Article du journal "Tous Montreuil"

Publié le par Tous Montreuil





Voici un article dans le journal de Montreuil sur notre assoication l'Art de la Paix, par Adama Sissoko.




Quand parler de la double identité crée la polémique

 

Visionné plus de 5205 fois sur Internet, le film sur la double identité réalisé par l’association L’Art de la paix a fait

beaucoup de bruit de Bagnolet à Montreuil. Lumière sur un film qui traite un sujet sensible.

 

 


Mettre l’art au service de la paix, c’est l’idée d’un groupe d’amis, pour la plupart anciens élèves du lycée Jean-Jaurès qui, unis par leur passion de la vidéo, décident de rebondir sur des sujets d’actualité, caméra en main. À leur actif : visite de camps de réfugiés palestiniens et de concentration en Allemagne, rédaction d’articles sur ce qui touche leur quartier. Leur but ? Dire ce que l’on n’entend pas, traiter des sujets qui préoccupent les jeunes et inciter au dialogue même sur ce qui fâche.


C’est dans la précipitation qu’ils décident de réaliser Ma double identité, en guise d’introduction au débat sur le même thème. La méthode ? Se promener dans le quartier et poser la question « Te sens-tu français ? ».

« Nous avons recueilli des ressentis sincères, explique Mohamed, l’un des membres du groupe. Nous ne pouvons pas les juger ni les ignorer simplement parce que ça ne plaît pas. » Certains propos comme : « Ce pays ne m’accepte pas et fait en sorte que quelqu’un comme moi ne se sente pas chez lui » ou « On est considéré comme des sous-Français » sont des phrases dures que l’Art de la paix refuse de passer sous silence. « Au lieu de s’insurger contre ces paroles, demandons-nous plutôt pourquoi sont-elles dites ! » s’emporte Youssef.

 

 

Des hauts et débats



Leur projection a donné lieu à un débat vif, perçu comme négatif par certains militants politiques.

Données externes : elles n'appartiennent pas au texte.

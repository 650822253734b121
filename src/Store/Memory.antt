-- ===== src/Store/Memory.antt =====
-- src/store.rs: `InMemoryStateStore`, and that it is a map.
pub mod Refines
use slurm_async_runner.Prelude.{
  ℕ, ◌+◌, List, [], ◌∷◌, map, Option, none, some, Bool, true, false, not, if◌then◌else◌, keep, ◌==◌,
  Result, ok, err, ◌≡◌, refl, arith, length, is_some,
}
use slurm_async_runner.Prelude.Text.{Text}
use slurm_async_runner.Dispatcher.{M, pure}
use slurm_async_runner.Store.{JobSnapshot, JobStateStore}

-- The entries of a `HashMap<Uuid, S>`.
abbrev pub Entries : Type 0 → Type 0
Entries S = List (ℕ × S)

module _ {S : Type 0} where
  unfoldable pub lookup : ℕ → Entries S → Option S
  lookup u [] = none
  lookup u ((v, s) ∷ m) = let rest = lookup u m in if u == v then some s else rest

  unfoldable pub remove : ℕ → Entries S → Entries S
  remove u [] = []
  remove u ((v, s) ∷ m) = let rest = remove u m in if u == v then rest else (v, s) ∷ rest

  unfoldable pub insert : ℕ → S → Entries S → Entries S
  unfolding remove
  insert u s m = (u, s) ∷ remove u m

  unfoldable pub values : Entries S → List S
  values m = map (λ e. e.1) m

  pub lookup-remove :
      (j u : ℕ) (m : Entries S) → lookup j (remove u m) ≡ (if j == u then none else lookup j m)
  unfolding lookup remove
  lookup-remove j u [] = ground arith
  lookup-remove j u ((v, s) ∷ m) = ground (arith, lookup-remove j u m)

  pub lookup-insert :
      (j u : ℕ) (s : S) (m : Entries S)
      → lookup j (insert u s m) ≡ (if j == u then some s else lookup j m)
  unfolding lookup insert
  lookup-insert j u s m = ground (arith, lookup-remove j u m)

  -- Each uuid has one entry.
  abbrev pub IsMap : Entries S → Type 0
  IsMap [] = Unit {0}
  IsMap ((u, s) ∷ m) = (lookup u m ≡ none) × IsMap m

  pub remove-IsMap : (u : ℕ) (m : Entries S) → IsMap m → IsMap (remove u m)
  unfolding remove
  remove-IsMap u [] h = tt
  remove-IsMap u ((v, s) ∷ m) h = ground (arith, remove-IsMap u m h.1, lookup-remove v u m)

  pub insert-IsMap : (u : ℕ) (s : S) (m : Entries S) → IsMap m → IsMap (insert u s m)
  unfolding insert
  insert-IsMap u s m h = (ground (arith, lookup-remove u u m), remove-IsMap u m h)

module _ {S : Type 0} (shape : JobSnapshot S) where
  abbrev pub in_memory : JobStateStore S (Entries S)
  in_memory = record {
    save = λ s m. (ok tt, insert (shape.uuid s) s m);
    load = λ u m. (ok (lookup u m), m);
    list = λ m. (ok (values m), m);
    delete = λ u m. (ok tt, remove u m);
  }

  -- The calls that change a store.
  pub data Change : Type 0 where
    saved : (s : S) → Change
    deleted : (u : ℕ) → Change

  unfoldable pub after : List Change → Entries S → Entries S
  after [] m = m
  after (saved s ∷ cs) m = after cs (in_memory.save s m).1
  after (deleted u ∷ cs) m = after cs (in_memory.delete u m).1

Qu’est-ce qui a mis le feu aux poudres ? Le malaise tel que l’énonce les personnes interviewées ou le sujet très sensible ? « La polémique, commente Mohamed, est surtout née d’un clivage fort entre tendances politiques qui instrumentalisent la thématique de la jeunesse. Car Stéphane Beaud, le sociologue présent n’a pas trouvé cela choquant. » D’autres comme le maire de Bagnolet, ont proposé une autre piste de réflexion : « On a une seule identité, celle de sa propre personne. Avoir une double identité s’appelle de la schizophrénie.» Une piste qui se veut positive mais difficile à faire entendre dans un débat houleux.

 

 

Si les membres de l’association reconnaissent que ce sujet mérite d’être traité avec plus de temps et de recul, ils revendiquent la volonté d’apporter de l’espoir et conseillent à tous les jeunes d’être acteurs de leur avenir. Militer, débattre c’est une des solutions pour avancer. C’est ce qu’ils ont fait les 7 et 8 novembre avec 3 sociologues pour débattre sur les rapports entre les jeunes et la police à Bagnolet. Encore un sujet chaud. L’Art de la paix passe décidément par des confrontations difficiles mais indispensables.